Here again, policy action in the power sector needs to go hand-in-hand with a nationwide policy push to support 100 percent electric vehicles by 2035. A rapid EV rollout would have huge carbon, health and jobs benefits, contributing to an estimated 45 percent reduction in economy-wide greenhouse gas emissions through 2030.
4. Bring everybody—including utilities—to the table
Corporations are already playing a big role in the shift to clean electricity through their buying of renewable power, and automakers like GM are making commitments to sell only EVs by 2035. On the consumer side, support for clean energy is high, and there’s rising interest in both rooftop solar and EVs. But ultimately, utilities will be the key players in the shift to 100 percent clean electricity.
Most U.S. utilities’ processes for deciding how to generate their electricity are outdated, favoring “legacy technologies” like coal and natural gas, and they don’t provide a level playing field for renewable energy generation. Over the coming decade, utility investments will need to be aligned with clean energy goals to avoid locking in billions of tons of CO2 emissions and setting back progress on climate. Researchers with RMI recommend that utilities adopt next-generation procurement practices that promote fair competition between different energy sources (including small-scale renewables) and focus on objectives like resilience, decarbonization, and local economic development.
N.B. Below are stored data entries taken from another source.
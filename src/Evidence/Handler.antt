-- ===== src/Evidence/Handler.antt =====
-- The handlers of services/evidence/internal/handler/handler.go that read the repository; the memory
-- repository's searches never fail. `parse` is uuid.Parse.
use obvious.Base.{ℕ, String, Option, none, some, List, if◌then◌else◌, length, str_eq}
use obvious.Evidence.Model.{Evidence, QualityScore}
use obvious.Evidence.Repository.{
  MemoryRepository, find_by_id, find_by_control_id, find_quality_score_by_evidence_id,
  find_quality_scores_by_control_id,
}
use obvious.Evidence.Sufficiency.{RiskRating, Floats, SufficiencyResult, evaluate, rating_of}

pub data Response (Float : Type 0) : Type 0 where
  failure : ℕ → String → Response Float
  evidence_body : ℕ → Evidence → Response Float
  evidence_list_body : ℕ → List Evidence → ℕ → Response Float
  score_body : ℕ → QualityScore Float → Response Float
  sufficiency_body : ℕ → SufficiencyResult Float → Response Float

module _ {Float : Type 0} (parse : String → Option ℕ) where
  abbrev found : Option Evidence → Response Float
  found none = failure 404 "evidence not found"
  found (some ev) = evidence_body 200 ev

  abbrev getting : MemoryRepository Float → Option ℕ → Response Float
  getting r none = failure 400 "invalid evidence id"
  getting r (some id) = found (find_by_id id r)

  unfoldable pub get_evidence : String → MemoryRepository Float → Response Float
  get_evidence id r = getting r (parse id)

  abbrev listing : MemoryRepository Float → Option ℕ → Response Float
  listing r none = failure 400 "invalid control_id"
  listing r (some control) =
      let evidence = find_by_control_id control r in
      evidence_list_body 200 evidence (length evidence)

  unfoldable pub list_evidence_by_control : String → MemoryRepository Float → Response Float
  list_evidence_by_control control r =
      if str_eq control ""
      then failure 400 "control_id query parameter is required"
      else listing r (parse control)

  abbrev scored : Option (QualityScore Float) → Response Float
  scored none = failure 404 "quality score not found"
  scored (some qs) = score_body 200 qs

  abbrev scoring : MemoryRepository Float → Option ℕ → Response Float
  scoring r none = failure 400 "invalid evidence id"
  scoring r (some id) = scored (find_quality_score_by_evidence_id id r)

  unfoldable pub get_quality_score : String → MemoryRepository Float → Response Float
  get_quality_score id r = scoring r (parse id)

  module _ (x : Floats Float) where
    abbrev pub sufficiency_of : ℕ → RiskRating → MemoryRepository Float → SufficiencyResult Float
    sufficiency_of control rating r =
        record (evaluate x (find_by_control_id control r)
          (find_quality_scores_by_control_id control r) rating) { control_id = control }

    abbrev evaluated : RiskRating → MemoryRepository Float → Option ℕ → Response Float
    evaluated rating r none = failure 400 "invalid control_id"
    evaluated rating r (some control) = sufficiency_body 200 (sufficiency_of control rating r)

    unfoldable pub get_control_sufficiency :
        String → String → MemoryRepository Float → Response Float
    get_control_sufficiency control rating r =
        evaluated (rating_of (if str_eq rating "" then "medium" else rating)) r (parse control)
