-- ===== src/Evidence/Sufficient.antt =====
-- What the evaluation in services/evidence/internal/sufficiency/sufficiency.go decides, against the
-- thresholds that its package comment lists.
use obvious.Base.{
  ℕ, ◌≤◌, ◌≡◌, refl, sym, ap, ◌∙◌, ◌↔◌, true, false, Bool-cases, inl, inr, String, List, [], ◌∷◌,
  map, ltb, length, arith,
}
use obvious.Base.Int.{pos}
use obvious.Evidence.Model.{Evidence, QualityScore}
use obvious.Evidence.Sufficiency.{
  RiskRating, critical, high, medium, low, informational, other_rating, Floats, threshold, average,
  total_from, evaluate, check_tier_diversity,
}

-- What each rating demands: so many items, and an average of so many hundredths.
pub data Demands : RiskRating → ℕ → ℕ → Type 0 where
  for_critical : Demands critical 5 80
  for_high : Demands high 4 70
  for_medium : Demands medium 3 60
  for_low : Demands low 2 50
  for_informational : Demands informational 1 40
  for_unknown : {text : String} → Demands (other_rating text) 3 60

module _ {Float : Type 0} (x : Floats Float) where
  -- The sum of numbers onto a number, from the left.
  abbrev pub sum_onto : Float → List Float → Float
  sum_onto total [] = total
  sum_onto total (a ∷ rest) = sum_onto (x.plus total a) rest

  -- The mean of numbers is their sum divided by how many they are, and 0 of none.
  abbrev pub mean : List Float → Float
  mean [] = x.of_int (pos 0)
  mean (a ∷ rest) =
      x.over (sum_onto (x.of_int (pos 0)) (a ∷ rest)) (x.of_int (pos (length (a ∷ rest))))

  abbrev pub aggregates : List (QualityScore Float) → List Float
  aggregates scores = map (λ (qs : QualityScore Float). qs.aggregate_score) scores

  total_from-sum :
      (total : Float) (scores : List (QualityScore Float))
      → total_from x total scores ≡ sum_onto total (aggregates scores)
  unfolding total_from
  total_from-sum total [] = refl
  total_from-sum total (qs ∷ rest) = total_from-sum (x.plus total qs.aggregate_score) rest

  length-aggregates :
      (scores : List (QualityScore Float)) → length (aggregates scores) ≡ length scores
  length-aggregates [] = refl
  length-aggregates (qs ∷ rest) = ground (arith, length-aggregates rest)

  average-mean : (scores : List (QualityScore Float)) → average x scores ≡ mean (aggregates scores)
  unfolding average
  average-mean [] = refl
  average-mean (qs ∷ rest) =
      ap (x.over (total_from x (x.of_int (pos 0)) (qs ∷ rest)))
        (ap (λ n. x.of_int (pos n)) (sym (length-aggregates (qs ∷ rest))))
      ∙ ap (λ s. x.over s (x.of_int (pos (length (aggregates (qs ∷ rest))))))
          (total_from-sum (x.of_int (pos 0)) (qs ∷ rest))

  by_threshold :
      (items : List Evidence) (scores : List (QualityScore Float)) (rr : RiskRating)
      → ((evaluate x items scores rr).is_sufficient ≡ true) ↔ (
          ((threshold x rr).min_count ≤ length items)
          × (x.less (average x scores) (threshold x rr).min_score ≡ false))
  unfolding evaluate check_tier_diversity
  by_threshold items scores rr = elim (Bool-cases (ltb (length items) (threshold x rr).min_count)) [
    | inl few ↦ elim (Bool-cases (x.less (average x scores) (threshold x rr).min_score)) [
      | inl below ↦ rw (few, below) (ground arith)
      | inr fine ↦ rw (few, fine) (ground arith)
    ]
    | inr many ↦ elim (Bool-cases (x.less (average x scores) (threshold x rr).min_score)) [
      | inl below ↦ rw (many, below) (ground arith)
      | inr fine ↦ rw (many, fine) (ground arith)
    ]
  ]

  demanded :
      (rr : RiskRating) (count percent : ℕ)
      → Demands rr count percent
      → ((threshold x rr).min_count ≡ count) × ((threshold x rr).min_score ≡ x.quotient percent 100)
  unfolding threshold
  demanded rr count percent for_critical = (refl, refl)
  demanded rr count percent for_high = (refl, refl)
  demanded rr count percent for_medium = (refl, refl)
  demanded rr count percent for_low = (refl, refl)
  demanded rr count percent for_informational = (refl, refl)
  demanded rr count percent for_unknown = (refl, refl)

  -- The evidence suffices exactly when there are as many items as the rating demands, and the mean
  -- of the aggregate scores is not below the hundredths that it demands: 5 items and 80 for
  -- critical, 4 and 70 for high, 3 and 60 for medium and for an unknown rating, 2 and 50 for low,
  -- 1 and 40 for informational.
  pub sufficient_iff :
      (items : List Evidence) (scores : List (QualityScore Float)) (rr : RiskRating)
      (count percent : ℕ)
      → Demands rr count percent
      → ((evaluate x items scores rr).is_sufficient ≡ true) ↔ (
          (count ≤ length items)
          × (x.less (mean (aggregates scores)) (x.quotient percent 100) ≡ false))
  sufficient_iff items scores rr count percent demands =
      let (counts, hundredths) = demanded rr count percent demands in
      rw (sym (average-mean scores), sym counts, sym hundredths) (by_threshold items scores rr)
By carefully managing the shift to clean electricity, utilities can simultaneously lower electricity bills, cut carbon emissions, and retain reliability.
5. Consider justice and equity angles
Finally, achieving rapid 100% clean power will require policies that are justice-centered. This includes, for example, designing a Clean Electricity Standard that not only rapidly decarbonizes the power sector, but focuses on equity, good jobs, and community benefits while doing so. EV policies also can be designed to share EV benefits more equally, such as by supporting charging infrastructure in low-income communities or providing point-of-sale rebates to help lower-income buyers. Biden’s plan for 100% clean electricity includes deep commitments to confronting systemic environmental injustice.
Let’s. Get. Going.
Of course, 100 percent clean power isn’t the only solution to addressing the climate crisis—but it’s a big one. We need to go all-in on a clean energy transformation, including harnessing the opportunities of explosive tech growth in both the power and transport sectors. As an author of the LBNL report observed, the U.S. was able to get “halfway to zero” over the past 15 years without really trying very hard, but we still succeeded. The choice now, he says, is “between muddling along as in the past or making a consistent and long-term push.” Let’s opt for the latter.